Skip to content
This repository was archived by the owner on Sep 30, 2024. It is now read-only.

feat/sg: handle interrupts more gracefully#62772

Merged
jhchabran merged 4 commits intomainfrom
jsm/sg-sigint
May 23, 2024
Merged

feat/sg: handle interrupts more gracefully#62772
jhchabran merged 4 commits intomainfrom
jsm/sg-sigint

Conversation

@jamesmcnamara
Copy link
Contributor

Currently sending a SIGINT to sg will actually exit immediately and not run cleanup. This comes from two issues: we weren't actually waiting for processes to exit after we interrupt them, and we weren't waiting for our interrupt handlers to run. For a bonus, we also add support for SIGHUP which is what happens when you close a terminal.

Test plan

Created a script which waited for 10 seconds on SIGINT and verified that SG actually waited for it to clean up and logged it's output.

@eseliger
Copy link
Member

Thank you!

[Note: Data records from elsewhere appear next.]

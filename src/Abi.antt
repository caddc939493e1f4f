-- ===== src/Abi.antt =====
-- The Solidity types of src/console/jsre/deps/web3.js (solidity/type.js and its nine kinds), and the
-- choice of a kind by _requireType. Regular expressions are read off as scanners.
pub mod Kinds
pub mod Names
mod Tests
use ultron.Prelude.{
  ℕ, ◌+◌, ◌-◌, ◌*◌, Bool, true, false, not, ◌&&◌, ◌||◌, Option, none, some, List, [], ◌∷◌, ◌++◌,
  map, if◌then◌else◌, leb, ◌==◌, length, take, drop,
}
use ultron.Text.{Text, codes, starts_with, contains, is_digit, all}
use ultron.Text.Radix.{value}

-- The brackets that a scan is in, if any, as far as they are read.
abbrev pub scan_next : Option Text → ℕ → Option Text
scan_next none c = if c == b'[' then some (c ∷ []) else none
scan_next (some read) c =
    if is_digit c then some (read ++ c ∷ []) else if c == b'[' then some (c ∷ []) else none

abbrev pub scan_found : Option Text → ℕ → List Text
scan_found none c = []
scan_found (some read) c = if c == b']' then (read ++ c ∷ []) ∷ [] else []

unfoldable pub scan : Option Text → Text → List Text
scan state [] = []
scan state (c ∷ s) = scan_found state c ++ scan (scan_next state c) s

-- name.match(/(\[[0-9]*\])/g), with [] for null
unfoldable pub nested_types : Text → List Text
nested_types name = scan none name

abbrev pub last_of : Text → List Text → Text
last_of t [] = t
last_of t (u ∷ us) = last_of u us

-- name.substr(0, name.length - last.length)
unfoldable pub nested_name : Text → Text
nested_name name = elim (nested_types name) [
  | [] ↦ name
  | t ∷ ts ↦ take (length name - length (last_of t ts)) name
]

abbrev pub digits_of : Text → Text
digits_of [] = []
digits_of (c ∷ s) = if is_digit c then c ∷ digits_of s else digits_of s

unfoldable pub is_dynamic_array : Text → Bool
is_dynamic_array name = elim (nested_types name) [
  | [] ↦ false
  | t ∷ ts ↦ elim (digits_of (last_of t ts)) [ [] ↦ true | _ ∷ _ ↦ false ]
]

unfoldable pub is_static_array : Text → Bool
is_static_array name = elim (nested_types name) [
  | [] ↦ false
  | t ∷ ts ↦ elim (digits_of (last_of t ts)) [ [] ↦ false | _ ∷ _ ↦ true ]
]

-- parseInt(last.match(/[0-9]{1,}/g) || 1)
unfoldable pub static_array_length : Text → ℕ
unfolding value
static_array_length name = elim (nested_types name) [
  | [] ↦ 1
  | t ∷ ts ↦ elim (digits_of (last_of t ts)) [ [] ↦ 1 | c ∷ s ↦ value 10 (c ∷ s) ]
]

-- parseInt(type.slice(1, -1), 10) || 1
unfoldable pub nested_length : Text → ℕ
unfolding value
nested_length t = let n = value 10 (digits_of t) in if n == 0 then 1 else n

unfoldable pub product_from : ℕ → List Text → ℕ
product_from acc [] = acc
product_from acc (t ∷ ts) = product_from (acc * nested_length t) ts

-- The reduction starts at 32; no brackets count as [1].
unfoldable pub static_part_length : Text → ℕ
static_part_length name = product_from 32 (nested_types name)

pub data Kind : Type 0 where
  address bool int uint dynamic_bytes bytes string real ureal : Kind

-- What stands behind a prefix.
unfoldable pub after : Text → Text → Option Text
after [] s = some s
after (_ ∷ _) [] = none
after (a ∷ p) (b ∷ s) = if a == b then after p s else none

-- (\[([0-9]*)\])*$, inside brackets or outside
unfoldable pub only_brackets : Bool → Text → Bool
only_brackets inside [] = not inside
only_brackets inside (c ∷ s) =
    (if inside then is_digit c || c == b']' else c == b'[')
    && only_brackets (if inside then not (c == b']') else true) s

abbrev pub skip_digits : Text → Text
skip_digits [] = []
skip_digits (c ∷ s) = if is_digit c then skip_digits s else c ∷ s

abbrev pub matches_suffix : (Text → Bool) → Option Text → Bool
matches_suffix test none = false
matches_suffix test (some s) = test s

abbrev pub begins_with_digit : Text → Bool
begins_with_digit [] = false
begins_with_digit (c ∷ s) = is_digit c

-- isType of each kind: the expressions of address and real are not anchored.
unfoldable pub is_type : Kind → Text → Bool
is_type address name = contains (codes "address") name
is_type bool name = matches_suffix (only_brackets false) (after (codes "bool") name)
is_type int name =
    matches_suffix (λ s. only_brackets false (skip_digits s)) (after (codes "int") name)
is_type uint name =
    matches_suffix (λ s. only_brackets false (skip_digits s)) (after (codes "uint") name)
is_type dynamic_bytes name = matches_suffix (only_brackets false) (after (codes "bytes") name)
is_type bytes name =
    matches_suffix (λ s. begins_with_digit s && only_brackets false (skip_digits s))
      (after (codes "bytes") name)
is_type string name = matches_suffix (only_brackets false) (after (codes "string") name)
is_type real name = contains (codes "real") name
is_type ureal name =
    matches_suffix (λ s. only_brackets false (skip_digits s)) (after (codes "ureal") name)

unfoldable pub is_dynamic_type : Kind → Bool
is_dynamic_type dynamic_bytes = true
is_dynamic_type string = true
is_dynamic_type _ = false

-- The kinds in the order in which the coder asks them.
abbrev pub coder_types : List Kind
coder_types = address ∷ bool ∷ int ∷ uint ∷ dynamic_bytes ∷ bytes ∷ string ∷ real ∷ ureal ∷ []

unfoldable pub first_type : Text → List Kind → Option Kind
first_type type [] = none
first_type type (k ∷ ks) = if is_type k type then some k else first_type type ks

-- `none` is the error for an invalid type.
unfoldable pub require_type : Text → Option Kind
unfolding first_type
require_type type = first_type type coder_types

unfoldable pub is_dynamic : Kind → Text → Bool
is_dynamic k type = is_dynamic_type k || is_dynamic_array type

This is great

[    gitserver-0] INFO gitserver.cleanup internal/cleanup.go:683 Janitor run finished {"duration": "573.5ms"}
^C⚠️ Interrupt received, executing 20 hooks for graceful shutdown...
[    gitserver-0] INFO gitserver shared/shared.go:232 git-server: shutting down
[    gitserver-0] INFO gitserver shared/shared.go:238 git-server: stopped routines
gitserver-0 exited without error
symbols exited without error
blobstore exited without error
frontend exited without error
[   repo-updater] INFO repo-updater.repo-updater.grpcserver grpcserver/grpcserver.go:71 Shutting down gRPC server
[   repo-updater] INFO sync_worker workerutil/worker.go:252 Shutting down dequeue loop {"name": "repo_sync_worker", "reason": ""}
repo-updater exited without error
searcher exited without error

See example output here, this works very well for testing gitserver shutdown behavior for example.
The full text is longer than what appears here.